The technician will then insert a needle into the vein and blood will collect in a vial. The band will be removed while the needle is still in place. After enough blood is collected, the technician will remove the needle and hold a cotton swab on the site to stop the bleeding. The area may be covered with a small bandage.
After the test, there are no special considerations. Most people are able to go about their normal day immediately following a cholesterol test and can drive themselves home. In very rare cases, the test site may become infected, but this is extremely unusual.
The results of the test determine whether the cholesterol levels in the person’s blood are healthy.

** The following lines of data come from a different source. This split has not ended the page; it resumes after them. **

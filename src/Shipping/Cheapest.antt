-- ===== src/Shipping/Cheapest.antt =====
-- The quote of `quote_shipping` (engine/apps/shipping/service.py), against the tables.
use mathlib.Core.Path.{subst}
use mathlib.Core.Bool.{true≢false}
use api_paperbase.Base.{
  ℕ, ◌≡◌, refl, sym, ◌∙◌, ◌⊎◌, inl, inr, Bool, true, ◌&&◌, Option, none, some, List, [], ◌∷◌, All,
  any, arith, ◌==◌, Bool-cases, Option-cases, if_both, ==→eq,
}
use api_paperbase.Base.Int.{ℤ, pos, ◌≤ℤ◌}
use api_paperbase.Base.Queries.{filter, find?, All-find?, find?-test}
use api_paperbase.Base.Order.{
  order_by-IsOrdered, order_by-All, All-order_by, All-map, All-filter, All-of, All-both, filter-All,
  filter-test, any_self,
}
use api_paperbase.Shipping.{
  Shipping, ShippingMethod, ShippingRate, ShippingQuote, Match, method_le, rate_le, methods_for,
  rates_for, is_chosen, is_offered, serves_zone, fits, match_method, better, consider, best_match,
  quote_of, quote_in_zone,
}
use api_paperbase.Shipping.Optimal.{
  rate_le_total, rate_le_trans, IsAtMost, best_match-new, match_method-cheapest,
}

-- A rate of the store that applies to the order: it is active, of the zone and of the method, its
-- bounds admit the subtotal, and the method is active, the one asked for, and serves the zone.
pub is_candidate : ℕ → Option ℕ → ℕ → ℤ → ShippingMethod → ShippingRate → Bool
is_candidate store_id method_pk zone_id subtotal m r =
    is_offered store_id method_pk m
    && (serves_zone zone_id m
        && ((r.store_id == store_id && (r.is_active && r.zone_id == zone_id))
            && (r.method_id == m.id && fits subtotal r)))

-- The quote names a rate, and costs at most `price`.
pub CostsAtMost : ShippingQuote → ℤ → Type 0
CostsAtMost q price =
    (r : ShippingRate) × (q.rate ≡ some r)
    × (q.shipping_cost ≡ r.price)
    × (q.shipping_cost ≤ℤ price)

module _ (store_id : ℕ) (subtotal : ℤ) (method_pk : Option ℕ) (zone_id : ℕ) (db : Shipping) where
  abbrev methods : List ShippingMethod
  methods = methods_for store_id method_pk db

  abbrev rates : List ShippingRate
  rates = rates_for store_id zone_id methods db

  abbrev result : Option Match
  result = best_match zone_id subtotal rates methods none

  quote_of-AtMost :
      (best : Option Match) (price : ℤ)
      → IsAtMost best price
      → CostsAtMost (quote_of zone_id best) price
  unfolding quote_of CostsAtMost
  quote_of-AtMost none price h = absurd h
  quote_of-AtMost (some best) price h = (best.rate, refl, refl, h)

  rates-All :
      (P : ShippingRate → Type 0)
      → All P rates
      → All
          (λ r.
            (r.store_id == store_id
                && (r.is_active
                    && (r.zone_id == zone_id && any methods (λ m. m.id == r.method_id))))
              ≡ true
            → P r)
          db.rates
  unfolding rates_for
  rates-All P h = All-filter P _ db.rates (All-order_by rate_le P _ h)

  methods-All :
      (P : ShippingMethod → Type 0)
      → All P methods
      → All (λ m. is_offered store_id method_pk m ≡ true → P m) db.methods
  unfolding methods_for is_offered
  methods-All P h =
      All-map _ _ db.methods (λ m f offered. offered_parts m f offered)
        (All-filter _ _ db.methods (All-order_by method_le _ _ (All-filter P _ _ h)))
    where
      offered_parts :
          (m : ShippingMethod)
          → ((m.store_id == store_id && m.is_active) ≡ true → is_chosen method_pk m ≡ true → P m)
          → is_offered store_id method_pk m ≡ true
          → P m
      offered_parts m f offered = f (ground arith) (ground arith)

  candidate_parts :
      (m : ShippingMethod) (r : ShippingRate)
      → is_candidate store_id method_pk zone_id subtotal m r ≡ true
      → (is_offered store_id method_pk m ≡ true)
        × (serves_zone zone_id m ≡ true)
        × ((r.store_id == store_id && (r.is_active && r.zone_id == zone_id)) ≡ true)
        × ((r.method_id == m.id) ≡ true)
        × (fits subtotal r ≡ true)
  unfolding is_candidate
  candidate_parts m r c = ground arith

  queried :
      (m : ShippingMethod) (r : ShippingRate)
      → any methods (λ m'. m'.id == m.id) ≡ true
      → (r.method_id == m.id) ≡ true
      → (r.store_id == store_id && (r.is_active && r.zone_id == zone_id)) ≡ true
      → (r.store_id == store_id
          && (r.is_active && (r.zone_id == zone_id && any methods (λ m'. m'.id == r.method_id))))
        ≡ true
  queried m r listed own live =
      let listed' : any methods (λ m'. m'.id == r.method_id) ≡ true =
        subst (λ k. any methods (λ m'. m'.id == k) ≡ true) (sym (==→eq r.method_id m.id own))
          listed in
      rw listed' (ground arith)

  IsAtMost-trans : (best : Option Match) (p p' : ℤ) → IsAtMost best p → p ≤ℤ p' → IsAtMost best p'
  IsAtMost-trans none p p' h k = h
  IsAtMost-trans (some best) p p' h k = omega arith

  -- A rate of a method that is on the list costs at least the quote.
  one_method :
      (m : ShippingMethod)
      → ((quote : Match)
          → match_method zone_id subtotal rates m ≡ some quote
          → IsAtMost result quote.rate.price)
      → any methods (λ m'. m'.id == m.id) ≡ true
      → All
          (λ r.
            is_candidate store_id method_pk zone_id subtotal m r ≡ true
            → CostsAtMost (quote_of zone_id result) r.price)
          db.rates
  one_method m new listed = elim (Bool-cases (serves_zone zone_id m)) [
    | inl serves ↦
        All-map _ _ db.rates
          (λ r f c.
            let parts = candidate_parts m r c in
            let (quote, e, le) = f (queried m r listed parts.3 parts.2) parts.3 parts.4 in
            quote_of-AtMost result r.price (IsAtMost-trans result _ _ (new quote e) le))
          (rates-All _ (
            match_method-cheapest zone_id subtotal rates m
              (unfold rates_for in order_by-IsOrdered rate_le rate_le_total rate_le_trans _)
              serves))
    | inr e ↦ All-of _ db.rates (λ r c. absurd (true≢false (sym ((candidate_parts m r c).1) ∙ e)))
  ]

  -- A match in the loop is a candidate.
  abbrev IsGood : Option Match → Type 0
  IsGood none = Unit
  IsGood (some best) = is_candidate store_id method_pk zone_id subtotal best.method best.rate ≡ true

  abbrev IsLive : ShippingRate → Type 0
  IsLive r = (r.store_id == store_id && (r.is_active && r.zone_id == zone_id)) ≡ true

  consider-IsGood :
      (quote best : Option Match) → IsGood quote → IsGood best → IsGood (consider quote best)
  unfolding consider better
  consider-IsGood none best h k = k
  consider-IsGood (some quote) none h k = h
  consider-IsGood (some quote) (some best) h k =
      if_both (λ b. IsGood (some b)) _ quote _ h (if_both (λ b. IsGood (some b)) _ quote best h k)

  match_method-IsGood :
      (m : ShippingMethod) (rs : List ShippingRate)
      → is_offered store_id method_pk m ≡ true
      → All IsLive rs
      → IsGood (match_method zone_id subtotal rs m)
  unfolding match_method is_candidate
  match_method-IsGood m rs offered live =
      let own = λ (r : ShippingRate). r.method_id == m.id in
      elim (Bool-cases (serves_zone zone_id m)) [
        | inr e ↦ rw e tt
        | inl serves ↦ elim (Option-cases (find? (fits subtotal) (filter own rs))) [
          | inl e ↦ rw (serves, e) tt
          | inr (r, e) ↦
              let alive : IsLive r =
                All-find? IsLive (fits subtotal) r (filter own rs) (filter-All IsLive own rs live)
                  e in
              let mine : own r ≡ true =
                All-find? _ (fits subtotal) r (filter own rs) (filter-test own rs) e in
              rw (serves, e)
                (rw (offered, serves, alive, mine, find?-test (fits subtotal) r (filter own rs) e)
                  refl)
        ]
      ]

  best_match-IsGood :
      (rs : List ShippingRate) (ms : List ShippingMethod) (best : Option Match)
      → All IsLive rs
      → All (λ m. is_offered store_id method_pk m ≡ true) ms
      → IsGood best
      → IsGood (best_match zone_id subtotal rs ms best)
  unfolding best_match
  best_match-IsGood rs [] best live offered h = h
  best_match-IsGood rs (m ∷ ms) best live offered h = best_match-IsGood rs ms _ live offered.1 (
      consider-IsGood (match_method zone_id subtotal rs m) best
        (match_method-IsGood m rs offered.0 live) h)

  methods-offered : All (λ m. is_offered store_id method_pk m ≡ true) methods
  unfolding methods_for is_offered
  methods-offered =
      let own = is_chosen method_pk in
      let live = λ (m : ShippingMethod). m.store_id == store_id && m.is_active in
      let active = order_by-All method_le _ _ (filter-test live db.methods) in
      All-map _ _ methods (λ m h. both_offered (m.store_id == store_id) m.is_active (own m) h.0 h.1)
        (All-both _ _ methods (filter-All _ own _ active) (filter-test own _))
    where
      both_offered : (a b c : Bool) → (a && b) ≡ true → c ≡ true → (a && (b && c)) ≡ true
      both_offered a b c h k = ground arith

  rates-IsLive : All IsLive rates
  unfolding rates_for
  rates-IsLive =
      All-map _ _ rates (λ r h. ground (arith, h))
        (order_by-All rate_le _ _ (filter-test _ db.rates))

-- The quote names a candidate at its price, or no rate at all and is free.
pub IsCandidateOrFree : ℕ → Option ℕ → ℕ → ℤ → ShippingQuote → Type 0
IsCandidateOrFree store_id method_pk zone_id subtotal q =
    ((q.rate ≡ none) × (q.shipping_cost ≡ pos 0))
    ⊎ ((m : ShippingMethod) × (r : ShippingRate) × (q.method ≡ some m)
        × (q.rate ≡ some r)
        × (q.shipping_cost ≡ r.price)
        × (is_candidate store_id method_pk zone_id subtotal m r ≡ true))

module _ (store_id : ℕ) (subtotal : ℤ) (method_pk : Option ℕ) (zone_id : ℕ) (db : Shipping) where
  good_quote :
      (best : Option Match)
      → IsGood store_id subtotal method_pk zone_id db best
      → IsCandidateOrFree store_id method_pk zone_id subtotal (quote_of zone_id best)
  unfolding IsCandidateOrFree quote_of
  good_quote none h = inl (refl, refl)
  good_quote (some best) h = inr (best.method, best.rate, refl, refl, refl, h)

  -- In a zone, the quote of a subtotal is the price of a rate of the store that applies to the order,
  -- and no dearer than any rate that applies; if none applies it names no rate and is free.
  pub quote-cheapest :
      let q = quote_in_zone store_id subtotal method_pk zone_id db in
      All
        (λ m.
          All
            (λ r.
              is_candidate store_id method_pk zone_id subtotal m r ≡ true → CostsAtMost q r.price)
            db.rates)
        db.methods
      × IsCandidateOrFree store_id method_pk zone_id subtotal q
  unfolding quote_in_zone
  quote-cheapest =
      let ms = methods_for store_id method_pk db in
      let rs = rates_for store_id zone_id ms db in
      let cheap = λ (m : ShippingMethod).
        All
          (λ r.
            is_candidate store_id method_pk zone_id subtotal m r ≡ true
            → CostsAtMost (quote_in_zone store_id subtotal method_pk zone_id db) r.price)
          db.rates in
      let listed : All cheap ms =
        All-map _ cheap ms (λ m h. one_method store_id subtotal method_pk zone_id db m h.0 h.1)
          (All-both _ _ ms (best_match-new zone_id subtotal rs ms none)
            (any_self (λ m. m.id) ms)) in
      (
        All-map _ cheap db.methods
            (λ m f. elim (Bool-cases (is_offered store_id method_pk m)) [
              | inl e ↦ f e
              | inr e ↦ All-of _ db.rates (λ r c. absurd (
                  true≢false
                    (sym ((candidate_parts store_id subtotal method_pk zone_id db m r c).0) ∙ e)))
            ])
            (methods-All store_id subtotal method_pk zone_id db cheap listed),
        good_quote _ (
            best_match-IsGood store_id subtotal method_pk zone_id db rs ms none
              (rates-IsLive store_id subtotal method_pk zone_id db)
              (methods-offered store_id subtotal method_pk zone_id db) tt),
      )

The results will be broken down into several categories by the type of fat. The results are measured in milligrams of cholesterol per deciliter of blood (mg/dL).
Total cholesterol levels
Having a result less than 200 mg/dL is considered good. Borderline high results range from 200-239 mg/dL. High cholesterol levels are considered to be any number over 240 mg/dL.
HDL cholesterol levels
With HDL, it is higher levels that are desirable. A result below 40 mg/dL is poor. A result between 40 and 59 mg/dL is better, while a reading of 60 mg/dL or higher is the best result.
LDL cholesterol levels
LDL cholesterol recommendations vary based on the health of an individual.
- People with heart disease or diabetes should aim for LDL levels below 70 mg/dL.
- Individuals with no heart disease but who are at higher risk for heart disease need to keep levels below 100 mg/dL.
- For people with no increased risk of heart disease, LDL levels between 100 and 129 mg/dL are near perfect.
- A reading from 130 to 159 mg/dL is considered borderline high for those with no heart disease and high for those where heart disease is present.
- A reading from 160 to 189 mg/dL is considered high for those without heart disease and very high for those with heart disease.
- A reading above 190 mg/dL is considered very high for all groups.
Triglyceride levels are considered desirable when below 150 mg/dL. Between 150 and 199 mg/dL is borderline high. Levels between 200 and 499 mg/dL are considered high. Any level above the upper end of this range is considered very high.
Having high cholesterol doesn’t automatically mean a person will develop heart disease. There are many ways to manage cholesterol levels and lower the risk for developing heart disease.
A doctor can recommend lifestyle changes and medications that can help manage and lower high cholesterol.
Lifestyle changes for high cholesterol include the following:
- getting enough exercise
- losing weight
- quitting smoking
- following a healthful diet
Sugars and carbohydrates increase triglyceride levels, so eating a healthful diet that is low in saturated fat and dietary cholesterol, low in sugar and carbohydrates and high in soluble fiber is recommended.
Doctors use medication to treat the cholesterol levels of the highest risk individuals. There are several types of drugs available that can help manage cholesterol levels. These drugs include statins, nicotinic acid, fibric acid, and cholesterol absorption inhibitors.
Those that need medication should still follow all lifestyle and dietary recommendations for lowering cholesterol. A combination of lifestyle changes and medication can normally lower cholesterol levels for most people.